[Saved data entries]
+++++
-- ===== src/Tests/Finishing.antt =====
-- core/NDimensionalExecutor.cxx: a session with one worker, which says `DONE` and `SHUTDOWN`.
use ndmspc.Base.IdSet
use ndmspc.Base.Dict
use ndmspc.Base.Dict.{Dict}
use ndmspc.Base.{ℕ, ◌≡◌, refl, true, false, ◌||◌, List, [], ◌∷◌, some, bytes_dec, ℕ_discrete}
use ndmspc.Tasks.Defs.{WorkerId}
use ndmspc.Supervisor.Loop.Defs.{member, add_member, done, shutdown}
use ndmspc.Supervisor.Finish.Confirmed.{sent_done, last_done_worker_indices-finish}
use ndmspc.Supervisor.Finish.Defs.{
  FinishEvent, hears, keep_known, begin_finish, awaits, on_finish_message, finish_step, finish,
  collect_indices, last_done_worker_indices,
}
use ndmspc.Tests.Supervising.{worker}

abbrev registered : Dict WorkerId ℕ
registered = (worker, 3) ∷ []

abbrev farewell : List FinishEvent
farewell = hears (worker ∷ done ∷ []) ∷ hears (worker ∷ shutdown ∷ []) ∷ []

-- The wait is over after the two messages, without an error.
ended :
    (awaits (finish farewell (begin_finish registered [])) ≡ false)
    × ((finish farewell (begin_finish registered [])).is_failed ≡ false)
unfolding finish finish_step on_finish_message begin_finish keep_known awaits add_member member
    bytes_dec ℕ_discrete Dict.find
ended = (refl, refl)

confirmed :
    IdSet.contains 3 (last_done_worker_indices (finish farewell (begin_finish registered [])))
    ≡ true
unfolding last_done_worker_indices collect_indices finish finish_step on_finish_message begin_finish
    keep_known awaits add_member member bytes_dec ℕ_discrete Dict.find IdSet.contains IdSet.insert
confirmed = refl

last_done_worker_indices-finish_example :
    (w : WorkerId) × (Dict.find bytes_dec w registered ≡ some 3)
    × ((member w [] || sent_done w farewell) ≡ true)
last_done_worker_indices-finish_example =
    last_done_worker_indices-finish registered [] farewell 3 confirmed
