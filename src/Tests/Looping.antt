-- ===== src/Tests/Looping.antt =====
-- core/NDimensionalExecutor.cxx: a whole run over TCP, with two points and one worker.
use ndmspc.Base.Int.{◌+ℤ◌}
use ndmspc.Base.IdSet
use ndmspc.Base.Dict
use ndmspc.Base.{
  ℕ, ◌≡◌, ◌<◌, ◌==◌, arith, refl, true, false, List, [], ◌∷◌, Option, none, some, bytes_dec,
  ℕ_discrete, Bytes, All, if◌then◌else◌,
}
use ndmspc.Sweep.Defs.{increment, increment_loop}
use ndmspc.Tasks.Defs.{
  TaskId, add_pending, claim_next, claim_first, enqueue_pending, task_exists, start_running,
  insert_for_worker, mark_done, release_from_worker, erase_for_worker, drop_if_empty, has_pending,
  get_task_worker, is_done, pending_count, running_count,
}
use ndmspc.Supervisor.Balance.{start_run-IsBalanced}
use ndmspc.Supervisor.Defs.{
  Run, start_run, remember, after_claim, claim_pending, after_new, add_new, send_batch,
  adaptive_batch_size, redist_per_batch, max_in_flight_messages, fill_batch, dispatch, goes_on,
  accept, count_ack, count_task, land_message, on_ack, on_ackb, ack_task, ack_tokens, ack_batch,
}
use ndmspc.Supervisor.Loop.Defs.{
  Loop, Settings, has_workers, worker_at, is_eligible, search_worker, pick_worker, may_dispatch,
  after_pick, dispatch_round, member, ackb,
}
use ndmspc.Supervisor.Loop.Messages.{
  Event, dispatches, receives, handle, play, on_command, on_message, on_tcp_message, on_frames,
  batch_ids, handle_bootstrap,
}
use ndmspc.Supervisor.Loop.Bootstrap.{IsAssigned, IsAnswer, slot, handle_bootstrap-IsAnswer}
use ndmspc.Supervisor.Loop.Rounds.{IsFine}
use ndmspc.Supervisor.Loop.Whole.{IsTaken, play-IsFine, play_finished}
use ndmspc.Wire.Defs.{split}
use ndmspc.Tests.Supervising.{two_points, worker, quiet}

-- Ids of one digit.
digit : Bytes → Option ℕ
digit (c ∷ []) = if c == b'0' then some 0 else if c == b'1' then some 1 else none
digit _ = none

abbrev settings : Settings
settings = record { parse = digit; tcp_max_in_flight = 1; effective_batch = 2; total_tasks = 2 }

abbrev opened : Loop
opened = record {
  run = start_run true (worker ∷ []) ((worker, 0) ∷ []) two_points;
  max_workers = 2;
  pending_init_workers = [];
  early_done_workers = [];
  seen_worker_identities = [];
  bootstrap_next_idx = 0;
  bootstrap_assignments = [];
}

-- Both points are sent, and the reply is `0,1`.
abbrev events : List Event
events = dispatches true quiet ∷ receives true (worker ∷ ackb ∷ (b'0' ∷ b',' ∷ b'1' ∷ []) ∷ []) ∷ []

abbrev closed : Run
closed = (play settings events opened).run

program : Unit {0}
unfolding digit start_run remember after_claim claim_pending after_new add_new send_batch
    adaptive_batch_size redist_per_batch max_in_flight_messages fill_batch dispatch goes_on accept
    count_ack count_task land_message on_ack on_ackb ack_task ack_tokens ack_batch increment
    increment_loop ◌+ℤ◌ add_pending claim_next claim_first enqueue_pending task_exists start_running
    insert_for_worker mark_done release_from_worker erase_for_worker drop_if_empty has_pending
    get_task_worker bytes_dec ℕ_discrete IdSet.contains IdSet.insert IdSet.erase Dict.find Dict.put
    Dict.erase has_workers worker_at is_eligible search_worker pick_worker may_dispatch after_pick
    dispatch_round member handle play on_command on_message on_tcp_message on_frames split batch_ids
program = tt

closed_state : (closed.first_error ≡ none) × (goes_on closed ≡ false) × (closed.acked ≡ 2)
unfolding program
closed_state = (refl, refl, refl)

events-IsTaken : All IsTaken events
events-IsTaken = (refl, (tt, tt))

play_finished_example :
    (closed.has_more ≡ false)
    × (pending_count closed.task_state ≡ 0)
    × (running_count closed.task_state ≡ 0)
    × (closed.acked ≡ closed.next_task_id)
    × ((i : TaskId) → i < closed.next_task_id → is_done closed.task_state i ≡ true)
play_finished_example =
    play_finished settings events opened true (worker ∷ []) ((worker, 0) ∷ []) two_points
      events-IsTaken refl closed_state.0 closed_state.1

opened-IsFine : IsFine 0 opened.run
opened-IsFine h = start_run-IsBalanced true (worker ∷ []) ((worker, 0) ∷ []) two_points

play-IsFine_example : IsFine 0 closed
play-IsFine_example = play-IsFine 0 settings events opened events-IsTaken opened-IsFine

opened-IsAssigned : IsAssigned opened
unfolding Dict.find
opened-IsAssigned = record {
  capacity = omega arith;
  below = λ id n h. absurd (ground arith);
  single = λ a b n h k. absurd (ground arith);
}

handle_bootstrap-IsAnswer_example :
    IsAnswer worker opened (slot worker opened) (handle_bootstrap worker opened)
handle_bootstrap-IsAnswer_example = handle_bootstrap-IsAnswer worker opened opened-IsAssigned
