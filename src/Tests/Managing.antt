-- ===== src/Tests/Managing.antt =====
-- core/NTaskStateManager.cxx: the life of three tasks at two workers.
use ndmspc.Base.Int.{pos}
use ndmspc.Base.{All, false, ℕ, ◌≡◌, ◌≢◌, refl, List, [], ◌∷◌, some, bytes_dec, ℕ_discrete}
use ndmspc.Base.IdSet
use ndmspc.Base.Dict
use ndmspc.Tasks.Defs.{
  State, TaskPayload, WorkerId, clear, add_pending, claim_next, mark_done, requeue_task,
  recover_worker_tasks, find_running, claim_first, enqueue_pending, task_exists, start_running,
  insert_for_worker, release_from_worker, erase_for_worker, drop_if_empty, stop_running,
  requeue_done, recover_tasks, recover_task,
}
use ndmspc.Tasks.History.{
  Call, adds, claims, finishes, fails, requeues, recovers, run, step, IsValid, run-IsValid,
  run-adds, is_clear, clear-IsValid, after,
}
use ndmspc.Tasks.Lifecycle.{moved, phase-step}
use ndmspc.Tasks.Phases.{absent, pending, running, done, phase}

abbrev alice : WorkerId
alice = b'a' ∷ []

abbrev bob : WorkerId
bob = b'b' ∷ []

abbrev point : ℕ → TaskPayload
point n = pos n ∷ []

-- Task 0 is done, 1 runs at alice, 2 is pending.
abbrev calls : List Call
calls =
    adds 0 (point 7)
    ∷ adds 1 (point 8)
    ∷ adds 2 (point 9)
    ∷ claims bob
    ∷ claims alice
    ∷ finishes 0
    ∷ []

abbrev busy : State
busy = run clear calls

busy-IsValid : IsValid busy
busy-IsValid = run-IsValid calls clear clear-IsValid

program : Unit {0}
unfolding run step add_pending task_exists enqueue_pending claim_next claim_first start_running
    insert_for_worker mark_done release_from_worker erase_for_worker drop_if_empty
    recover_worker_tasks recover_tasks recover_task requeue_task requeue_done stop_running bytes_dec
    ℕ_discrete IdSet.contains IdSet.insert IdSet.erase Dict.find Dict.put Dict.erase
program = tt

busy_phases : (phase busy 0 ≡ done) × (phase busy 1 ≡ running) × (phase busy 2 ≡ pending)
unfolding program
busy_phases = (refl, refl, refl)

-- The task of a lost worker is behind the task that was pending.
recovered_queue : (step busy (recovers alice)).pending ≡ (2, point 9) ∷ (1, point 8) ∷ []
unfolding program
recovered_queue = refl

run-IsValid_example : IsValid (run busy (fails 1 ∷ recovers alice ∷ requeues 0 ∷ []))
run-IsValid_example = run-IsValid (fails 1 ∷ recovers alice ∷ requeues 0 ∷ []) busy busy-IsValid

abbrev later : List Call
later = claims bob ∷ recovers bob ∷ claims alice ∷ []

added : add_pending 3 (point 4) busy ≡ some (after busy (add_pending 3 (point 4) busy))
unfolding program
added = refl

no_clear : All (λ c. is_clear c ≡ false) later
no_clear = (refl, (refl, (refl, tt)))

run-adds_example :
    (phase (run (after busy (add_pending 3 (point 4) busy)) later) 3 ≢ absent)
    × ((q : TaskPayload)
        → find_running (run (after busy (add_pending 3 (point 4) busy)) later) 3 ≡ some q
        → q ≡ point 4)
run-adds_example = run-adds calls later 3 (point 4) added no_clear

phase-step_example : phase (step busy (finishes 1)) 1 ≡ moved busy (finishes 1) 1 (phase busy 1)
phase-step_example = phase-step busy (finishes 1) 1 busy-IsValid
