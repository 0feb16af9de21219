-- ===== src/Tests/Pooling.antt =====
-- core/NDimensionalExecutor.cxx: one worker that executes one point.
use ndmspc.Base.Int.{pos, ◌+ℤ◌}
use ndmspc.Base.{◌≤◌, ◌≡◌, refl, true, false, [], ◌∷◌, some, if◌then◌else◌}
use ndmspc.Pool.Defs.{Main, Move, Pool, Reach, Step, Worker}
use ndmspc.Pool.Invariant.{holding, is_late}
use ndmspc.Pool.LostWake.{IsStuck, execute_parallel-IsStuck}
use ndmspc.Pool.Safety.{execute_parallel-count}
use ndmspc.Pool.Workers.{total}
use ndmspc.Sweep.Box.{box}
use ndmspc.Sweep.Defs.{
  Coords, Executor, construct, check_bounds, first_bad, increment, increment_loop,
}
use ndmspc.Sweep.Once.{count, coords_dec, is_within}

abbrev origin : Coords
origin = pos 0 ∷ []

abbrev only : Executor
only = record {
  num_dimensions = 1;
  min_bounds = origin;
  max_bounds = origin;
  current_coords = origin;
}

only_made : construct origin origin ≡ some only
unfolding construct check_bounds first_bad
only_made = refl

-- The pool when the main thread is behind its wait.
abbrev waited : Pool
waited = record {
  tasks = [];
  active_tasks = 0;
  stop_pool = true;
  first_exception = false;
  main = Main.join;
  workers = Worker.counted true ∷ [];
  executed = origin ∷ [];
}

waited_reached : Reach 1 only waited
unfolding increment increment_loop ◌+ℤ◌
waited_reached =
    let added = Reach.later Reach.start (Step.add only refl refl) in
    let taken = Reach.later added (Step.work 0 refl (Move.take origin [] refl refl)) in
    let ran = Reach.later taken (Step.work 0 refl (Move.return origin)) in
    let counted = Reach.later ran (Step.work 0 refl Move.count_down) in
    let stopped = Reach.later counted (Step.set_stop refl) in
    Reach.later stopped (Step.go_on refl refl)

execute_parallel-count_example :
    (count coords_dec origin waited.executed ≤ (if is_within origin origin origin then 1 else 0))
    × (is_late waited.main ≡ true
        → (waited.tasks ≡ [])
          × (total holding waited.workers ≡ 0)
          × (waited.first_exception ≡ false
              → count coords_dec origin waited.executed
                ≡ (if is_within origin origin origin then 1 else 0)))
execute_parallel-count_example =
    execute_parallel-count origin origin origin 1 only_made waited_reached

execute_parallel-IsStuck_example :
    (p : Pool) × Reach 1 only p
    × IsStuck p
    × (p.executed ≡ box origin origin)
    × (p.first_exception ≡ false)
execute_parallel-IsStuck_example = execute_parallel-IsStuck origin origin only_made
+++++
Directions for this task -> Among the entries above, the line containing "unfolding digit start_run", the line containing "erase_for_worker drop_if_empty has_pending", and all lines between them are to be restated word for word; nothing else belongs in the reply.

Solution for this problem ->
unfolding digit start_run remember after_claim claim_pending after_new add_new send_batch
    adaptive_batch_size redist_per_batch max_in_flight_messages fill_batch dispatch goes_on accept
    count_ack count_task land_message on_ack on_ackb ack_task ack_tokens ack_batch increment
    increment_loop ◌+ℤ◌ add_pending claim_next claim_first enqueue_pending task_exists start_running
    insert_for_worker mark_done release_from_worker erase_for_worker drop_if_empty has_pending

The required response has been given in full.